Klangbad ist in erster Linie ein Label, drei Tage Anfang August kommt ein von Jo Irmler und Cornelia Paul inszeniertes Festival hinzu. Das Line-up ist keine ›Reihe‹, sondern ein semantisches Netz. Kein im Rahmen des Klangbad auftretender Künstler liegt auf Linie mit einem anderen, ständig ist man auf der Suche nach Referenzpunkten. Und hat man diese endlich gefunden und fixiert, zerfallen sie, nur um an neue Punkte anzuknüpfen. Nach Scheer fährt man wie Humboldt nach Amerika: japanische Ukulelen neben amerikanischem Trash-Noise-Rap, Kinderkrachorchester neben Weltlegenden – es ist angerichtet. Der akkurate Zeitplan lässt den Hardliner keine einzige Band verpassen. Musik ohne Verschnaufpausen, und das bedeutet in Scheer ein Ritt durch Musikgeschichte.

Das Klangbadfestival – wo sich jung und alt »n’Obed« sagen. Bernadette la Hengst sendet Signale in das Nordic-Walking-Equipment des interessierten Besuchers.
(Foto: © Jeremias Heppeler / SPEX)
Die Wiener Künstlerin Soap&Skin ist wie ihre Musik: Jung, schwarz und zerbrechlich. Kammerflimmer Kollektief spielen elegisch, weit ausgreifend; der akustische Bass hakt vertikal in den Soundteppichen. Mouse On Mars sind so energetisch wie ein Nervenzusammenbruch. Unter 60 Minuten verlässt am Freitag niemand die Bühne.
Der Samstag gehört zunächst dem Nachwuchs: The Petty Thefts haben Spaß an sich selbst und ihren Melodien, Jolly Goods reißen eine wunderbar dilettantische Show und Christy & Emily verzaubern das mit Sofas ausstaffierte Zelt – frenetisch von den nicht aufspielenden, aber anwesenden Nightingales gefeiert. Zwischendurch ist es Dieter Möbius, der seine Musik von Welt von einem Biertisch aus ins Zelt sendet.
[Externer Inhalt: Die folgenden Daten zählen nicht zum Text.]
-- ===== src/X86/Transform/Ends.antt =====
-- The rewriting of a whole patch on x86-64: it ends, and the table of offsets and the size of the
-- code are right.
use mathlib.Core.Path.{◌∙◌}
use substitute.Common.{
  ℕ, zero, suc, ◌+◌, ◌-◌, ◌*◌, ◌^◌, ◌<◌, ◌≤◌, ◌≡◌, ◌≢◌, ◌⊎◌, inl, inr, refl, arith, List, [], ◌∷◌,
  Bool, true, false, Option, some, length, Bool-cases, ltb, u64, sub64,
}
use substitute.TransformDis.{add_offset}
use substitute.X86.Flags.{i_pfx}
use substitute.X86.Onebyte.{onebyte_bits}
use substitute.X86.Decode.{type_of}
use substitute.X86.Transform.{Ctx, round, rewrite, begin, transform_dis_main, Rewritten, Result}
use substitute.X86.Transform.Result.{done, failed}
use substitute.X86.Transform.Round.{go_on, halt}
use substitute.X86.Transform.Offsets.{Offsets, begins-Offsets, add_offset-Offsets}
use substitute.X86.Transform.Passes.{round-Passes}

-- What has been done when the rewriting succeeds: the patch has been passed and less than `prefixes`
-- + 17 bytes beyond it, with at most 17 bytes for each byte.
pub record Table (prefixes start stop : ℕ) (r : Rewritten) : Type 0 where
  pub span : ℕ
  pub ends : r.pc_patch_end ≡ start + span
  pub covers : stop ≤ start + span
  pub least : start + span < stop + prefixes + 17
  pub offsets : Offsets r.offsets span (length r.code)
  pub bound : length r.code ≤ 17 * span

-- A patch from `start` to `stop` is rewritten, or the error says why not.
pub Ends : ℕ → ℕ → ℕ → Result → Type 0
Ends prefixes start stop result =
    ((r : Rewritten) × (result ≡ done r) × Table prefixes start stop r)
    ⊎ ((e : ℕ) × (result ≡ failed e) × (1 ≤ e) × (e ≤ 3))

-- Not all of `prefixes` bytes from one of the patch on are prefixes.
abbrev pub NoRun : (ℕ → ℕ) → ℕ → ℕ → ℕ → Type 0
NoRun read prefixes start stop =
    (a : ℕ)
    → a < stop - start
    → (n : ℕ) × (n < prefixes) × (type_of (onebyte_bits (read (a + n))) ≢ i_pfx)

module _ (read : ℕ → ℕ) (bytes : (a : ℕ) → read a < 256) (pc_trampoline prefixes start stop : ℕ)
    (top : stop + prefixes + 17 ≤ 2 ^ 64) where
  record Going (ctx : Ctx) (offsets : List (Option ℕ)) (span : ℕ) : Type 0 where
    from : ctx.pc_patch_start ≡ start
    to : ctx.pc_patch_end ≡ stop
    at_pc : ctx.pc ≡ start + span
    least : start + span < stop + prefixes + 17
    entries : Offsets offsets span (length ctx.rewritten)
    bound : length ctx.rewritten ≤ 17 * span

  module _ (fuel : ℕ) (ctx : Ctx) (offsets : List (Option ℕ)) where
    rewrite-past :
        ltb ctx.pc ctx.pc_patch_end ≡ false
        → rewrite read pc_trampoline prefixes (suc fuel) ctx offsets
          ≡ done (record { code = ctx.rewritten; pc_patch_end = ctx.pc; offsets = offsets })
    unfolding rewrite
    rewrite-past past = rw (past, rewrite) refl

    rewrite-halted :
        {result : Result}
        → ltb ctx.pc ctx.pc_patch_end ≡ true
        → round read pc_trampoline prefixes ctx ≡ halt result
        → rewrite read pc_trampoline prefixes (suc fuel) ctx offsets ≡ result
    unfolding rewrite
    rewrite-halted before h = rw (before, rewrite, h) refl

    rewrite-goes_on :
        {after : Ctx}
        → ltb ctx.pc ctx.pc_patch_end ≡ true
        → round read pc_trampoline prefixes ctx ≡ go_on after
        → rewrite read pc_trampoline prefixes (suc fuel) ctx offsets
          ≡ rewrite read pc_trampoline prefixes fuel after
              (add_offset offsets (sub64 after.pc after.pc_patch_start) (length after.rewritten))
    unfolding rewrite
    rewrite-goes_on before h = rw (before, rewrite, h) refl

  after_Going :
      (ctx after : Ctx) (offsets : List (Option ℕ)) (span size : ℕ)
      → Going ctx offsets span
      → start + span < stop
      → 0 < size
      → size ≤ prefixes + 17
      → after.pc ≡ u64 (ctx.pc + size)
      → after.pc_patch_start ≡ ctx.pc_patch_start
      → after.pc_patch_end ≡ ctx.pc_patch_end
      → length ctx.rewritten < length after.rewritten
      → length after.rewritten ≤ length ctx.rewritten + size + 16
      → Going after
          (add_offset offsets (sub64 after.pc after.pc_patch_start) (length after.rewritten))
          (span + size)
  after_Going ctx after offsets span size g inside some_size small on from to more less =
      let diff : sub64 after.pc after.pc_patch_start ≡ span + size =
        omega (arith, on, from, g.from, g.at_pc) in
      record {
        from = from ∙ g.from;
        to = to ∙ g.to;
        at_pc = omega (arith, on, g.at_pc);
        least = omega arith;
        entries = rw diff (add_offset-Offsets offsets span _ g.entries size _ some_size more);
        bound = omega (arith, g.bound);
      }

  rewrite-Ends :
      (fuel : ℕ) (ctx : Ctx) (offsets : List (Option ℕ)) (span : ℕ)
      → NoRun read prefixes start stop
      → Going ctx offsets span
      → stop - (start + span) < fuel
      → Ends prefixes start stop (rewrite read pc_trampoline prefixes fuel ctx offsets)
  unfolding Ends
  rewrite-Ends zero ctx offsets span runs g h = elim h [ ]
  rewrite-Ends (suc fuel) ctx offsets span runs g h =
      elim (Bool-cases (ltb ctx.pc ctx.pc_patch_end)) [
        | inr past ↦
            let over : stop ≤ start + span = ground (arith, g.at_pc, g.to) in
            inl (
              _,
              rewrite-past fuel ctx offsets past,
              record {
                span = span;
                ends = g.at_pc;
                covers = over;
                least = g.least;
                offsets = g.entries;
                bound = g.bound;
              },
            )
        | inl before ↦
            let inside : start + span < stop = ground (arith, g.at_pc, g.to) in
            let (n, small, ne) = runs span (omega arith) in
            let offset : sub64 ctx.pc ctx.pc_patch_start ≡ span = omega (arith, g.at_pc, g.from) in
            elim (round-Passes read bytes pc_trampoline prefixes ctx n small (rw offset ne)) [
              | inl (e, halted, lo, hi) ↦
                  inr (e, rewrite-halted fuel ctx offsets before halted, lo, hi)
              | inr (after, size, on, some_size, most, pc, from, to, more, less) ↦
                  rw (rewrite-goes_on fuel ctx offsets before on) (
                    rewrite-Ends fuel after _ (span + size) runs
                      (after_Going ctx after offsets span size g inside some_size most pc from to
                        more less)
                      (omega arith))
            ]
      ]

  -- On x86-64, the rewriting of a patch of at most 2^30 bytes in code of bytes, which does not end
  -- before it starts, ends well before the end of the address space and has no run of `prefixes`
  -- prefixes, where that is at most 15, as many as keep an instruction within the 32 bytes of
  -- `newop`, comes to an end without an abort. If it succeeds it has come to the end of the patch and less
  -- than `prefixes` + 17 bytes beyond it; its code has at most 17 bytes for each byte; and the table
  -- has a place for each byte, begins with 0, ends with the length of the code, and its offsets rise. If not, the error is one of the three for the start of a function.
  pub transform_dis_main-Rewrites :
      (ban_calls : Bool)
      → start ≤ stop
      → stop ≤ start + 2 ^ 30
      → prefixes ≤ 15
      → NoRun read prefixes start stop
      → Ends prefixes start stop
          (transform_dis_main read pc_trampoline prefixes start stop ban_calls)
  unfolding transform_dis_main
  transform_dis_main-Rewrites ban_calls le small few runs =
      rewrite-Ends (suc (stop - start)) (begin read pc_trampoline prefixes start stop ban_calls)
        (some 0 ∷ []) 0 runs begins (omega arith)
    where
      begins : Going (begin read pc_trampoline prefixes start stop ban_calls) (some 0 ∷ []) 0
      begins =
          unfold begin in
          record {
            from = refl;
            to = refl;
            at_pc = omega arith;
            least = omega arith;
            entries = begins-Offsets;
            bound = omega arith;
          }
Dabei ist dies nur eine von unzähligen, schier unglaublichen Mensch-Maschine-Verbindungen. Fast alle Musiker bleiben länger, als sie selbst spielen. Alle mutieren zu Fans und Entdeckern, und so steht irgendwann Bob Rutman hinter einem in der Schlange am Stand des Dorfmetzgers. Als dann der Jazzsaxophonist und Coltrane-Kollaborateur John Tchicai mit seinen Mitstreitern – zu denen auch der große Klangbad-Katalysator und Inspirator Jo Irmler gehört – die Bühne betritt, herrscht Bergpredigtstimmung. Anschließend spielen Pram – die sind Gesamtkunstwerk, verlöten Stummfilm, Posaunen, Theremin, Jazz und Gitarrespiel zu einer gespenstischen Performance. Den Abschluss geben Faust, anders geht es nicht. Faust sind Klangbad. Faust legen Feuer hautnah neben dir.
Ein Besucher trägt ein T-Shirt, auf dem steht: »Freiheit muess weh doa!« – Jetzt grad stimmt’s.
Sonntags hauen MIUMI dem Zuhörer ein Brett vor den Kopf, und der weiß so früh noch gar nicht, wie darauf zu reagieren wäre. Eine Wiese voller offener Münder lässt Bob Rutman zurück: »This is not Rock’n’Roll« tönt es von der Bühne, die drohenden Sounds des berüchtigten Stahlcellos ergießen sich dazu in die Menge, dazu maulttrommelt Mike Hentz. Des Isländers Ólafur Arnalds Auftritt fällt kurz aus, die süddeutsche Sonne scheint seine Gerätschaften verbrutzelt zu haben. Die wenigen Minimalismen wirken dafür umso mächtiger. Bernadette la Hengst beschließt das Festival, holt alles raus und alle auf die Bühne. Dazu besingt sie ein Dorf am Ende der Welt. Das ist Scheer. »Freiheit muess weh doa!« Tut sie aber nicht.
Zahlreiche weitere Fotos finden sich auf den Seiten des Klangbadfestivals.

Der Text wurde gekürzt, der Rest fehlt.